# Oyster knives made from Random woods(pic heavy)



## SoberBrent

Since I started making knvies about a year ago here is a small sample of what Ive made in 2013. It all started with me not satisfied with store bought knives. Since I shuck oysters for a side job Im always trying to find the right handle,blade combo.
Also started selling these for $25-$35 depending on wood.(all knives are tested by opening one sack(110#) before being sold.)
Oldest to newest.

First one before I bought a lathe. made from an oak dowel from lowes.


4 knives made after I bought a lathe.
two mesquite, one poplar, and one oak.


Two lathe turned cedar knives. Oak unfinished handle next to them.


Two oak handled knives with the cedar from the above pic.

pair of hinge knives made from Jatoba(Brazilian cherry).


Oak handle with Thin blade(snapped after 19 sacks opened. too thin)
Second is poor quality pic.



Stainless Knife made for myself. Oak knife from the above pic
Made from a hollow SS ball for handrails.(really heavy)

More to come.


----------



## SoberBrent

X-MAS tree handle. Stupid Idea chucking a piece of x-mas tree in a lathe.Tree sap went everywhere!


Another X-mas tree knife.


Jatoba(brazilian cherry) with brass band. Unfinished. needs an edge put on.


Cedar knife. Nothing special.


will be making more weekly.


----------



## Wado

What are you using for the blades? Old crosscut saws are the best but I know some guys buy cheap scissors and make blades out of them. I have some Garapa (Brazilian Ash) but it's only one inch thick, guess you could glue it together. That stuff is beyond hard. Also some white ash.


----------



## bill

Looks like a good design to pop them open.

Is the finish your using make them slippery?


----------



## SoberBrent

Im finishing them with clear lacquer for now. I tried poly-urethane but it took hours to dry.
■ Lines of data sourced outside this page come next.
-- ===== src/Interface/RowInterface.antt =====
-- include/row.h, which src/row.c implements.
use gnaro.Base.{ℕ, List}
use gnaro.Memory.{Cmd}
use gnaro.Row.{Row, row_serialize, row_deserialize}
use gnaro.Row.Print.{row_print}

-- A place in a page is the page's number and an offset. What is printed is the result.
pub record RowInterface : Type 0 where
  pub serialize : (source : Row) → (node destination : ℕ) → Cmd (Unit {0})
  pub deserialize : (node source : ℕ) → Cmd Row
  pub print : Row → List ℕ

-- src/row.c.
abbrev pub row_functions : RowInterface
row_functions = record {
  serialize = row_serialize;
  deserialize = row_deserialize;
  print = row_print;
}
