-- ===== src/Statement/Execute.antt =====
-- `statement_execute` and its two cases in src/statement.c.
use gnaro.Base.{ℕ, zero, suc, true, false, none, some, List, [], ◌∷◌, ltb, ◌==◌, if◌then◌else◌}
use gnaro.Memory.{Cmd, pure, starved, fault, ◌>>=◌, ◌>>◌, load32}
use gnaro.Row.{Row, row_deserialize}
use gnaro.Pager.{Env, pager_get_page}
use gnaro.Btree.Leaf.{Cursor, leaf_num_cells, leaf_key}
use gnaro.Btree.Insert.{leaf_insert}
use gnaro.Cursor.{cursor_find_key, cursor_start, cursor_advance, cursor_value}
use gnaro.Statement.Prepare.{Statement, insert, select}

pub data StatementExecuteResult : Type 0 where
  success table_full duplicate_key : StatementExecuteResult

module _ (env : Env) where
  unfoldable pub statement_execute_insert :
      ℕ → (root_page_num : ℕ) → Statement → Cmd StatementExecuteResult
  statement_execute_insert fuel root_page_num statement = do
    node ← pager_get_page env root_page_num
    num_cells ← load32 node leaf_num_cells
    let row_to_insert = statement.row_to_insert
    let key_to_insert = row_to_insert.id
    cursor ← cursor_find_key env fuel root_page_num key_to_insert
    let store : Cmd StatementExecuteResult =
        leaf_insert env fuel root_page_num cursor row_to_insert.id row_to_insert >> pure success
    if ltb cursor.cell_num num_cells
        then (do
          key_at_index ← load32 node (leaf_key cursor.cell_num)
          if key_at_index == key_to_insert then pure duplicate_key else store)
        else store

  -- The rows that the loop prints; one round for each unit of fuel.
  unfoldable pub select_loop : ℕ → Cursor → Cmd (List Row)
  select_loop zero cursor = starved
  select_loop (suc fuel) cursor = elim (cursor.end_of_table) [
    | none ↦ λ _. fault
    | some true ↦ pure []
    | some false ↦ (do
      (page, offset) ← cursor_value env cursor
      row ← row_deserialize page offset
      cursor' ← cursor_advance env cursor
      rows ← select_loop fuel cursor'
      pure (row ∷ rows))
  ]

  -- The rows printed, in order, and the result.
  unfoldable pub statement_execute_select :
      ℕ → (root_page_num : ℕ) → Cmd (List Row × StatementExecuteResult)
  unfolding select_loop
  statement_execute_select fuel root_page_num = do
    cursor ← cursor_start env fuel root_page_num
    rows ← select_loop fuel cursor
    pure (rows, success)

  unfoldable pub statement_execute :
      ℕ → (root_page_num : ℕ) → Statement → Cmd (List Row × StatementExecuteResult)
  unfolding statement_execute_insert statement_execute_select
  statement_execute fuel root_page_num statement = elim (statement.type) [
    | insert ↦ (do
      result ← statement_execute_insert fuel root_page_num statement
      pure ([], result))
    | select ↦ statement_execute_select fuel root_page_num
  ]
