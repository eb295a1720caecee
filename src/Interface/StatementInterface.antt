-- ===== src/Interface/StatementInterface.antt =====
-- include/statement.h, which src/statement.c implements.
use gnaro.Base.{ℕ, List, Option}
use gnaro.Memory.{Cmd}
use gnaro.Row.{Row}
use gnaro.Pager.{Env}
use gnaro.Statement.Prepare.{
  Statement, StatementPrepareResult, statement_prepare, statement_prepare_insert,
}
use gnaro.Statement.Execute.{
  StatementExecuteResult, statement_execute, statement_execute_insert, statement_execute_select,
}
use gnaro.Interface.DatabaseInterface.{Database}

-- Preparing fills the statement in, `none` if the behaviour is undefined; executing a select gives
-- the rows that it prints.
pub record StatementInterface : Type 0 where
  pub prepare : (query : List ℕ) → Statement → Option (StatementPrepareResult × Statement)
  pub prepare_insert : (query : List ℕ) → Statement → Option (StatementPrepareResult × Statement)
  pub execute : Statement → Database → Cmd (List Row × StatementExecuteResult)
  pub execute_insert : Statement → Database → Cmd StatementExecuteResult
  pub execute_select : Database → Cmd (List Row × StatementExecuteResult)

-- src/statement.c.
abbrev pub statement_functions : Env → (fuel : ℕ) → StatementInterface
statement_functions env fuel = record {
  prepare = statement_prepare;
  prepare_insert = statement_prepare_insert;
  execute = λ statement d. statement_execute env fuel d.root_page_num statement;
  execute_insert = λ statement d. statement_execute_insert env fuel d.root_page_num statement;
  execute_select = λ d. statement_execute_select env fuel d.root_page_num;
}
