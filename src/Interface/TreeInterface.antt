-- ===== src/Interface/TreeInterface.antt =====
-- The operations on the tree that include/btree.h declares, which src/btree.c implements. What takes
-- a cursor there finds the database in it; here it is an argument of its own.
use gnaro.Base.{ℕ}
use gnaro.Memory.{Cmd}
use gnaro.Row.{Row}
use gnaro.Pager.{Env}
use gnaro.Btree.Leaf.{Cursor, leaf_find}
use gnaro.Btree.Internal.{internal_find_child, internal_update_key}
use gnaro.Btree.Grow.{internal_insert, internal_split_and_insert}
use gnaro.Btree.Insert.{leaf_insert, leaf_split_and_insert}
use gnaro.Interface.DatabaseInterface.{Database}

-- On leaves.
pub record LeafOperations : Type 0 where
  pub find : Database → (key page_num : ℕ) → Cmd Cursor
  pub insert : Database → Cursor → (key : ℕ) → Row → Cmd (Unit {0})
  pub split_and_insert : Database → Cursor → (key : ℕ) → Row → Cmd (Unit {0})

-- On internal nodes.
pub record InternalOperations : Type 0 where
  pub find_child : (node key : ℕ) → Cmd ℕ
  pub insert : Database → (parent_page_num child_page_num : ℕ) → Cmd (Unit {0})
  pub split_and_insert : Database → (parent_page_num child_page_num : ℕ) → Cmd (Unit {0})
  pub update_key : (node old_key new_key : ℕ) → Cmd (Unit {0})

module _ (env : Env) (fuel : ℕ) where
  abbrev pub leaf_operations : LeafOperations
  leaf_operations = record {
    find = λ d. leaf_find env;
    insert = λ d. leaf_insert env fuel d.root_page_num;
    split_and_insert = λ d. leaf_split_and_insert env fuel d.root_page_num;
  }

  abbrev pub internal_operations : InternalOperations
  internal_operations = record {
    find_child = internal_find_child;
    insert = λ d. internal_insert env fuel d.root_page_num;
    split_and_insert = λ d. internal_split_and_insert env fuel d.root_page_num;
    update_key = internal_update_key;
  }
I dont fully coat them where its slick. theres still some pores to grip. If you hand sweats wipe it on your shirt/pants and you can really grab the knob then.
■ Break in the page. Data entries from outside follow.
-- ===== src/Lib.antt =====
-- Verification of tgju-api-go, a Go library that reads the price boards of tgju.org, the HTTP
-- service over it, and the command.
--
-- A fetch goes through the parts in this order. The client (client.go) asks the cache (cache.go)
-- for a market's board. On a miss the transport (transport.go) gets the page, with retries; the
-- scraper (internal/scrape/scrape.go) finds the market tables with the queries of
-- internal/dom/dom.go and reads their rows, with the cells cleaned by internal/numfmt/numfmt.go;
-- convert.go makes a snapshot of them (snapshot.go); and an empty one is an error (errors.go). The
-- service (server/) routes a request through its middlewares to a handler, which answers with
-- snapshots, filtered or in the older layouts, or with a classified error; the command (cmd/tgju)
-- prints them, or ends with an exit code.
--
-- Files and what they model:
--   Common, Strings, Floats: shared types and helpers; texts are lists of code points, and the Go
--     functions of packages strings and unicode that the program calls are written out over them.
--     Float64 values are bit patterns, and their arithmetic and strconv are a parameter
--     (Floats.Floats).
--   Numfmt: Digits, Clean, Value (the loop is scan, its switch scan_rune) and Change.
--   Dom: the node tree with walk, Find, FindAll, Children, Attr, HasClass, Classes, Tag, TagClass
--     and Text. golang.org/x/net/html is a parameter (Dom.Html); a nil node is none.
--   Scrape: Tables, parseTable, parseHead (head_of), parseRow (row_of), statusOf and slugFromHref.
--     A column index of -1 is none. The headers' Persian words are given by their code points.
--   Market: market.go; a map is an association list.
--   Snapshot: snapshot.go; `for item := range s.All()` is range, with a body that says whether the
--     loop goes on.
--   Convert: convert.go.
--   Errors: errors.go; errors are trees, of which errors.Is and errors.As are the searches.
--     Errors.Wording: the text of an Error, for the text of the one that it wraps.
--   Transport: transport.go; get is recursion on the attempts that are left, and so needs no other
--     fuel. Durations are 64-bit patterns that wrap around when they double. What each exchange,
--     each pause and the context give is a parameter (Transport.World).
--   Cache: cache.go; entries are cells of a heap that only grows and the map holds their indices.
--     Every critical section is one step; Cache.Flight has the step relation and its runs.
--   Client: client.go; load, Fetch (fetch), FetchAll (fetch_all) and Item (item). What the
--     goroutines of FetchAll come to, and the order in which they end, is a parameter
--     (Client.Round).
--   Options: options.go; an Option is a constructor with the function's arguments. The HTTP client,
--     the logger, the clock and http.CanonicalHeaderKey are a parameter (Options.Env).
--   Server.Render, Server.Legacy, Server.Filter: server/render.go, server/legacy.go, and
--     filterCategories and splitKeys of server/handlers.go. Bodies are values before their JSON
--     encoding.
--   Server.Handlers: the handlers of server/handlers.go, handleLegacy and cacheControl, each as a
--     function from what the client gives (Server.Handlers.Service) to an answer.
--   Server.Metrics, Server.Metrics.Page: server/metrics.go, the series with observe and the text of
--     /metrics. The verbs of package fmt for floats and quoted texts are a parameter, and the order
--     in which the map gives its keys is an argument.
--   Server.Guard, Server.Limiter, Server.Recorder: the middlewares of server/middleware.go that
--     decide by the request alone, the token buckets and the status recorder. Token arithmetic is a
--     parameter (Server.Limiter.Arith).
--   Server.Stages: all middlewares over the state that requests share. A stage ends with a response
--     or with a panic. The clock, the minted identifier and net.SplitHostPort are given.
--   Server.Pages, Server.Router: the handlers as they write on a response, notFound, handleRoot and
--     the pages of server/docs.go; the endpoints that build registers, with the dispatch of
--     http.ServeMux by their patterns; the path that it cleans a request's path to is given.
--   Server.Build: server/options.go, and New and build of server/server.go, with the chain in the
--     order of the code.
--   Command: the exit codes of cmd/tgju/main.go, filter of cmd/tgju/commands.go, and isUpstream
--     and parse of cmd/tgju/flags.go. The loop of parse is on fuel, one more than the arguments,
--     which is enough where package flag leaves no more arguments than it gets.
--   Command.Units, Command.Output: cmd/tgju/output.go; a panic is none, and what goes to
--     encoding/json and encoding/csv is a value.
--   Command.Flags: the fallbacks from the environment and client of cmd/tgju/flags.go, splitCSV and
--     displayAddr of cmd/tgju/serve.go.
--   Command.Serve: serve of cmd/tgju/serve.go. What ListenAndServe, Shutdown and the context come to
--     is an argument.
--   Command.Run, Command.Version, Command.Watch: the commands of cmd/tgju/commands.go and run of
--     cmd/tgju/main.go. What the flags hold once they are parsed is an argument. The loop of watch
--     is on fuel, for it ends only with the context; one unit for each round is enough.
--   CheckSpec: internal/cmd/checkspec/main.go, the check of the OpenAPI document, with its regular
--     expressions written out. The lines of the document, or the error of reading them, are given.
--   Healthcheck: internal/cmd/healthcheck/main.go, with what the exchange comes to as an argument.
--   Examples: concrete inputs, on which the theorems are applied.
--
-- Not modelled: logging, JSON and CSV encoding, sockets and signals; the definitions of flags and
-- their help texts; the wording of errors but Error.Error; Amount.Rial, which rounds a float; the
-- text of /docs and /openapi.yaml; when a deadline passes; the other tools under internal/cmd and
-- the programs under examples.
pub mod Common
pub mod Strings
pub mod Floats
pub mod Numfmt
pub mod Dom
pub mod Scrape
pub mod Market
pub mod Snapshot
pub mod Convert
pub mod Errors
pub mod Transport
pub mod Cache
pub mod CheckSpec
pub mod Healthcheck
pub mod Client
pub mod Options
pub mod Server
pub mod Command
pub mod Examples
I have been using 10" table saw blades and recently come across a 6ft crosscut saw.

One thing I figured out about the table saw blades is make sure they dont have the carbide teeth. I dont think they heat treat the center like they would one with steel teeth.

Made one from a carbide sawblade and went to test the flex. It would flex but it didnt spring back like the all steel blades.


----------



## 3192

"*I have been using 10" table saw blades *"
How are you cutting them into knife blanks??


----------



## SoberBrent

galvbay said:


> "*I have been using 10" table saw blades *"
> How are you cutting them into knife blanks??
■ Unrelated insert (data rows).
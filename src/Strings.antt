-- ===== src/Strings.antt =====
-- The functions of Go's packages strings and unicode that the program calls, on texts as lists of
-- code points. Splitting and trimming by ASCII bytes is the same on code points.
pub mod Words
pub mod Cut
pub mod Blank
use tgju_api_go.Common.{
  ℕ, Bool, true, false, List, [], ◌∷◌, ◌++◌, Option, none, some, Text, leb, ◌==◌, within, ◌&&◌,
  ◌||◌, if◌then◌else◌, is_nil, text_eq, any, ◌+◌, zero, suc, ltb, ◌/◌, ◌%◌,
}

-- unicode.IsSpace
unfoldable pub is_space : ℕ → Bool
is_space c =
    within 9 13 c
    || c == 0x20
    || c == 0x85
    || c == 0xA0
    || c == 0x1680
    || within 0x2000 0x200A c
    || c == 0x2028
    || c == 0x2029
    || c == 0x202F
    || c == 0x205F
    || c == 0x3000

-- a finished word, unless it is empty
abbrev flush : Text → List Text → List Text
flush [] ws = ws
flush (c ∷ w) ws = (c ∷ w) ∷ ws

fields_from : Text → Text → List Text
fields_from cur [] = flush cur []
fields_from cur (c ∷ s) = elim (is_space c) [
  | true ↦ flush cur (fields_from [] s)
  | false ↦ fields_from (cur ++ c ∷ []) s
]

-- strings.Fields, and strings.FieldsFunc with unicode.IsSpace
unfoldable pub fields : Text → List Text
unfolding fields_from is_space
fields s = fields_from [] s

-- strings.Join
unfoldable pub join : Text → List Text → Text
join sep [] = []
join sep (w ∷ []) = w
join sep (w ∷ v ∷ ws) = w ++ (sep ++ join sep (v ∷ ws))

unfoldable pub trim_left : Text → Text
unfolding is_space
trim_left [] = []
trim_left (c ∷ s) = if is_space c then trim_left s else c ∷ s

unfoldable pub trim_right : Text → Text
unfolding is_space
trim_right [] = []
trim_right (c ∷ s) = let rest = trim_right s in if is_space c && is_nil rest then [] else c ∷ rest

-- strings.TrimSpace
unfoldable pub trim_space : Text → Text
unfolding trim_left trim_right
trim_space s = trim_right (trim_left s)

-- strings.TrimSuffix with a suffix of one rune
unfoldable pub trim_suffix : ℕ → Text → Text
trim_suffix x [] = []
trim_suffix x (c ∷ s) = if c == x && is_nil s then [] else c ∷ trim_suffix x s

-- strings.HasPrefix
unfoldable pub has_prefix : Text → Text → Bool
has_prefix s [] = true
has_prefix [] (p ∷ ps) = false
has_prefix (c ∷ s) (p ∷ ps) = c == p && has_prefix s ps

-- strings.Contains
unfoldable pub contains : Text → Text → Bool
unfolding has_prefix
contains [] sub = is_nil sub
contains (c ∷ s) sub = has_prefix (c ∷ s) sub || contains s sub

-- What stands before and behind the first rune that passes a test: strings.Cut, and slicing at
-- strings.IndexByte or strings.IndexAny.
unfoldable pub cut_at : (ℕ → Bool) → Text → Option (Text × Text)
cut_at p [] = none
cut_at p (c ∷ s) =
    let later = cut_at p s in
    if p c then some ([], s) else elim later [ none ↦ none | some (a, b) ↦ some (c ∷ a, b) ]

-- What stands behind the last rune that is `x`, or the whole text: slicing at
-- strings.LastIndexByte.
unfoldable pub after_last : ℕ → Text → Text
after_last x [] = []
after_last x (c ∷ s) =
    let rest = after_last x s in if any (λ r. r == x) s then rest else if c == x then s else c ∷ s

-- strings.Split and strings.SplitSeq with a separator of one rune
split_from : ℕ → Text → Text → List Text
split_from sep cur [] = cur ∷ []
split_from sep cur (c ∷ s) = elim (c == sep) [
  | true ↦ cur ∷ split_from sep [] s
  | false ↦ split_from sep (cur ++ c ∷ []) s
]

unfoldable pub split : ℕ → Text → List Text
unfolding split_from
split sep s = split_from sep [] s

-- unicode.ToLower on the runes that lower to an ASCII letter; U+0130 and U+212A do too. The other
-- runes are left alone, which decides no comparison with an ASCII or an uncased name.
abbrev pub lower_rune : ℕ → ℕ
lower_rune r =
    if within b'A' b'Z' r
    then r + 32
    else if r == 0x130
    then b'i'
    else if r == 0x212A
    then b'k'
    else r

-- strings.ToLower
unfoldable pub to_lower : Text → Text
to_lower [] = []
to_lower (r ∷ s) = lower_rune r ∷ to_lower s

-- membership in a list of texts
abbrev pub one_of : List Text → Text → Bool
one_of [] s = false
one_of (n ∷ ns) s = text_eq s n || one_of ns s

-- fmt's %d and strconv.Itoa, of a number that is not negative
decimal_from : ℕ → ℕ → Text → Text
decimal_from zero n t = t
decimal_from (suc f) n t =
    let more = decimal_from f (n / 10) ((b'0' + n % 10) ∷ t) in
    if ltb n 10 then (b'0' + n) ∷ t else more

unfoldable pub decimal : ℕ → Text
unfolding decimal_from
decimal n = decimal_from (suc n) n []
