-- ===== src/Market.antt =====
-- market.go: the boards of tgju.org. A market is its name; the registry is an association list.
pub mod Names
use tgju_api_go.Common.{
  Bool, true, false, List, [], ◌∷◌, ◌++◌, Option, none, some, Text, codes, ◌||◌, if◌then◌else◌,
  text_eq, map, ◌&&◌, ltb, ◌==◌,
}
use tgju_api_go.Strings.{to_lower, trim_space, one_of}

abbrev pub Market : Type 0
Market = Text

abbrev pub currency : Market
currency = codes "currency"

abbrev pub gold : Market
gold = codes "gold"

abbrev pub coin : Market
coin = codes "coin"

pub record Source : Type 0 where
  pub path : Text
  pub label : Text

-- the Persian names, rune by rune
abbrev pub currency_label : Text  -- 'currency'
currency_label = 0x627 ∷ 0x631 ∷ 0x632 ∷ []

abbrev pub gold_label : Text  -- 'gold and silver'
gold_label = 0x637 ∷ 0x644 ∷ 0x627 ∷ 0x20 ∷ 0x648 ∷ 0x20 ∷ 0x646 ∷ 0x642 ∷ 0x631 ∷ 0x647 ∷ []

abbrev pub gold_name : Text  -- 'gold'
gold_name = 0x637 ∷ 0x644 ∷ 0x627 ∷ []

abbrev pub coin_label : Text  -- 'coin'
coin_label = 0x633 ∷ 0x6A9 ∷ 0x647 ∷ []

abbrev pub sources : List (Market × Source)
sources =
    (currency, record { path = codes "/currency"; label = currency_label })
    ∷ (gold, record { path = codes "/gold-chart"; label = gold_label })
    ∷ (coin, record { path = codes "/coin"; label = coin_label })
    ∷ []

unfoldable pub lookup_source : Market → List (Market × Source) → Option Source
unfolding text_eq
lookup_source m [] = none
lookup_source m ((k, s) ∷ rest) = if text_eq k m then some s else lookup_source m rest

-- the order of Go strings, which that of code points agrees with
unfoldable pub text_lt : Text → Text → Bool
text_lt [] [] = false
text_lt [] (b ∷ t) = true
text_lt (a ∷ s) [] = false
text_lt (a ∷ s) (b ∷ t) = ltb a b || (a == b && text_lt s t)

unfoldable pub sorted_insert : Text → List Text → List Text
unfolding text_lt
sorted_insert s [] = s ∷ []
sorted_insert s (t ∷ ts) = if text_lt t s then t ∷ sorted_insert s ts else s ∷ t ∷ ts

-- slices.Sort
unfoldable pub sort : List Text → List Text
unfolding sorted_insert
sort [] = []
sort (s ∷ ss) = sorted_insert s (sort ss)

-- `Markets`, over the keys of the registry in the order in which the map gives them
unfoldable pub markets_of : List Market → List Market
unfolding sort
markets_of ms = sort ms

unfoldable pub markets : List Market
unfolding markets_of
markets = markets_of (map (λ p. p.0) sources)

abbrev pub is_some {ℓ} : {A : Type ℓ} → Option A → Bool
is_some none = false
is_some (some a) = true

unfoldable pub valid : Market → Bool
unfolding lookup_source
valid m = is_some (lookup_source m sources)

abbrev pub path_or_empty : Option Source → Text
path_or_empty none = []
path_or_empty (some s) = s.path

abbrev pub label_or_empty : Option Source → Text
label_or_empty none = []
label_or_empty (some s) = s.label

unfoldable pub path : Market → Text
unfolding lookup_source
path m = path_or_empty (lookup_source m sources)

unfoldable pub label : Market → Text
unfolding lookup_source
label m = label_or_empty (lookup_source m sources)

abbrev pub default_base_url : Text
default_base_url = codes "https://www.tgju.org"

unfoldable pub url : Market → Text
unfolding valid path
url m = if valid m then default_base_url ++ path m else []

abbrev pub currency_names : List Text
currency_names = codes "currency" ∷ codes "currencies" ∷ codes "fx" ∷ currency_label ∷ []

abbrev pub gold_names : List Text
gold_names = codes "gold" ∷ codes "gold-chart" ∷ codes "silver" ∷ gold_name ∷ []

abbrev pub coin_names : List Text
coin_names = codes "coin" ∷ codes "coins" ∷ coin_label ∷ []

-- the switch of `ParseMarket` on the lowered name; `none` is ErrUnknownMarket
unfoldable pub market_named : Text → Option Market
unfolding text_eq
market_named key =
    if one_of currency_names key
    then some currency
    else if one_of gold_names key
    then some gold
    else if one_of coin_names key
    then some coin
    else none

unfoldable pub parse_market : Text → Option Market
unfolding to_lower trim_space market_named
parse_market s = market_named (to_lower (trim_space s))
4 inch angle grinder with a cut off wheel. I only cut maybe an inch before cooling with water so I don't lose the temper. Very time consuming.


----------



## SoberBrent

cypress and brass.


Basic Pine 


Walnut


Eastern Red Cedar. stunning.


Walnut and two Eastern Red Cedar.


Walnut and brass. Might be my new personal knife. Haven't decided yet.


----------



## bill

You would be dangerous in Prison LOL

SoberBrent aka ShankMaster

The red ceder is beautiful


----------



## SoberBrent

bill said:


> You would be dangerous in Prison LOL
> 
> SoberBrent aka ShankMaster
> 
> The red ceder is beautiful


I thought about selling these on Ebay, But half of the people bidding wouldn't know what an oyster is. I guess it would be considered a "letter opener".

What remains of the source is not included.